[Opening Available records section]

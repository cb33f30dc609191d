-- ===== src/Ws/Frame/Stream.antt =====
-- parse_frame on a stream: its verdict does not depend on how the bytes arrive.
use vericonnect_agent.Common.{Result, ok, err}
use vericonnect_agent.Prelude.Lists.{drop-append, take-append, get_or-append}
use vericonnect_agent.Prelude.{
  ℕ, zero, suc, ◌+◌, ◌≤◌, ◌<◌, Bool, true, false, Option, none, some, [], ◌∷◌, ◌++◌, ◌≡◌, ◌≢◌, refl,
  sym, ap, ◌∙◌, inl, inr, Bytes, ltb, ltb→lt, append-nil, length, drop, get_or, length-append,
  length-drop, bit_and, Bool-cases, Option-cases, arith,
}
use vericonnect_agent.Ws.Frame.RoundTrip.{parse_frame-frame_bytes}
use vericonnect_agent.Ws.Frame.{
  frame_bytes, read_be, read_length, read_payload, fin_flag, opcode_bits, mask_flag, with_length,
  parse_frame,
}
use vericonnect_agent.Ws.{WsFrame, k_max_msg}

read_be-append : (n : ℕ) (p q : Bytes) (v : ℕ) → n ≤ length p → read_be n (p ++ q) v ≡ read_be n p v
unfolding read_be
read_be-append zero p q v h = refl
read_be-append (suc n) [] q v h = absurd (omega arith)
read_be-append (suc n) (b ∷ p) q v h = read_be-append n p q _ (omega arith)

module _ (p q : Bytes) where
  read_length-append :
      (l len pos : ℕ) → read_length p l ≡ some (len, pos) → read_length (p ++ q) l ≡ some (len, pos)
  unfolding read_length
  read_length-append l len pos h = ground (
    arith,
    length-append p q,
    length-drop 2 p,
    get_or-append p q 2 0,
    get_or-append p q 3 0,
    drop-append 2 p q,
    read_be-append 8 (drop 2 p) q 0,
  )

  -- The payload is found in the same place, and the new bytes stay behind the frame.
  read_payload-append :
      (m : Bool) (len pos : ℕ) {payload rest : Bytes}
      → read_payload p m len pos ≡ some (payload, rest)
      → read_payload (p ++ q) m len pos ≡ some (payload, rest ++ q)
  unfolding read_payload
  read_payload-append true len pos h = ground (
    arith,
    length-append p q,
    length-drop pos p,
    length-drop (pos + 4) p,
    drop-append pos p q,
    drop-append (pos + 4) p q,
    drop-append (pos + 4 + len) p q,
    take-append 4 (drop pos p) q,
    take-append len (drop (pos + 4) p) q,
  )
  read_payload-append false len pos h = ground (
    arith,
    length-append p q,
    length-drop pos p,
    drop-append pos p q,
    drop-append (pos + len) p q,
    take-append len (drop pos p) q,
  )

-- The verdict after `q` has arrived behind what was parsed.
abbrev pub extend : Bytes → Result (Option (WsFrame × Bytes)) → Result (Option (WsFrame × Bytes))
extend q (err e) = err e
extend q (ok none) = ok none
extend q (ok (some (f, rest))) = ok (some (f, rest ++ q))

module _ (p q : Bytes) (two : 2 ≤ length p) where
  flags-append :
      (fin_flag (p ++ q) ≡ fin_flag p)
      × (opcode_bits (p ++ q) ≡ opcode_bits p)
      × (mask_flag (p ++ q) ≡ mask_flag p)
  flags-append = ground (arith, get_or-append p q 0 0, get_or-append p q 1 0)

  with_length-append :
      (len pos : ℕ)
      → with_length p (some (len, pos)) ≢ ok none
      → with_length (p ++ q) (some (len, pos)) ≡ extend q (with_length p (some (len, pos)))
  with_length-append len pos ne = elim (Bool-cases (ltb k_max_msg len)) [
    | inl long ↦ rw long
    | inr fits ↦ elim (Option-cases (read_payload p (mask_flag p) len pos)) [
      | inl nothing ↦ absurd (ne (ground (arith, fits, nothing)))
      | inr ((payload, rest), found) ↦ ground (
        arith,
        fits,
        found,
        flags-append,
        read_payload-append p q (mask_flag p) len pos {payload = payload} {rest = rest} found,
      )
    ]
  ]

  parse_frame-settled : parse_frame p ≢ ok none → parse_frame (p ++ q) ≡ extend q (parse_frame p)
  unfolding parse_frame
  parse_frame-settled ne = elim (Option-cases (read_length p (bit_and (get_or p 1 0) 0x7F))) [
    | inl nothing ↦ absurd (ne (ground (arith, nothing)))
    | inr ((len, pos), found) ↦ ground (
      arith,
      found,
      length-append p q,
      get_or-append p q 1 0,
      read_length-append p q (bit_and (get_or p 1 0) 0x7F) len pos found,
      with_length-append len pos,
    )
  ]

parse_frame_short : (p : Bytes) → length p < 2 → parse_frame p ≡ ok none
unfolding parse_frame
parse_frame_short p h = ground arith

-- Once parse_frame has found a frame or an error, bytes that arrive later do not change it: the
-- same frame or error is found, and the new bytes stay behind the frame.
pub parse_frame-append :
    (p q : Bytes) → parse_frame p ≢ ok none → parse_frame (p ++ q) ≡ extend q (parse_frame p)
parse_frame-append p q ne = elim (Bool-cases (ltb (length p) 2)) [
  | inl short ↦ absurd (ne (parse_frame_short p (ltb→lt _ _ short)))
  | inr two ↦ parse_frame-settled p q (ground arith) ne
]

-- Waiting: a proper beginning of a frame that send_frame writes asks for more bytes, and is
-- never taken for a frame or an error.
pub parse_frame_prefix :
    (op : ℕ) (fin : Bool) (mask payload p q : Bytes)
    → op < 16
    → length mask ≡ 4
    → length payload ≤ k_max_msg
    → p ++ q ≡ frame_bytes op fin mask payload
    → q ≢ []
    → parse_frame p ≡ ok none
parse_frame_prefix op fin mask payload p q ho hm hp cut ne = go (parse_frame p) refl
  where
    whole :
        parse_frame (p ++ q) ≡ ok (some (record { opcode = op; fin = fin; payload = payload }, []))
    whole =
        ap parse_frame (cut ∙ sym (append-nil _))
        ∙ parse_frame-frame_bytes op fin mask payload [] ho hm hp

    left_empty : (xs ys : Bytes) → xs ++ ys ≡ [] → ys ≡ []
    left_empty [] ys e = e
    left_empty (x ∷ xs) ys e = cc

    go : (r : Result (Option (WsFrame × Bytes))) → parse_frame p ≡ r → parse_frame p ≡ ok none
    go (ok none) e = e
    go (ok (some (f, rest))) e =
        let settled = parse_frame-append p q (λ n. cc) in
        absurd (ne (left_empty rest q (ground (arith, settled, whole))))
    go (err x) e =
        let settled = parse_frame-append p q (λ n. cc) in absurd (ground (arith, settled, whole))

[Closing Available records section]

◆ Your instructions:
Using the entries above, output exactly the lines between the line holding "pos)) ≢ ok none" and the line holding "parse_frame_short p h = ground arith", end lines included, and nothing more.

◆ Solved problem:
      → with_length p (some (len, pos)) ≢ ok none
      → with_length (p ++ q) (some (len, pos)) ≡ extend q (with_length p (some (len, pos)))
  with_length-append len pos ne = elim (Bool-cases (ltb k_max_msg len)) [
    | inl long ↦ rw long
    | inr fits ↦ elim (Option-cases (read_payload p (mask_flag p) len pos)) [
      | inl nothing ↦ absurd (ne (ground (arith, fits, nothing)))
      | inr ((payload, rest), found) ↦ ground (
        arith,
        fits,
        found,
        flags-append,
        read_payload-append p q (mask_flag p) len pos {payload = payload} {rest = rest} found,
      )
    ]
  ]

  parse_frame-settled : parse_frame p ≢ ok none → parse_frame (p ++ q) ≡ extend q (parse_frame p)
  unfolding parse_frame
  parse_frame-settled ne = elim (Option-cases (read_length p (bit_and (get_or p 1 0) 0x7F))) [
    | inl nothing ↦ absurd (ne (ground (arith, nothing)))
    | inr ((len, pos), found) ↦ ground (
      arith,
      found,
      length-append p q,
      get_or-append p q 1 0,
      read_length-append p q (bit_and (get_or p 1 0) 0x7F) len pos found,
      with_length-append len pos,
    )
  ]

parse_frame_short : (p : Bytes) → length p < 2 → parse_frame p ≡ ok none
unfolding parse_frame
parse_frame_short p h = ground arith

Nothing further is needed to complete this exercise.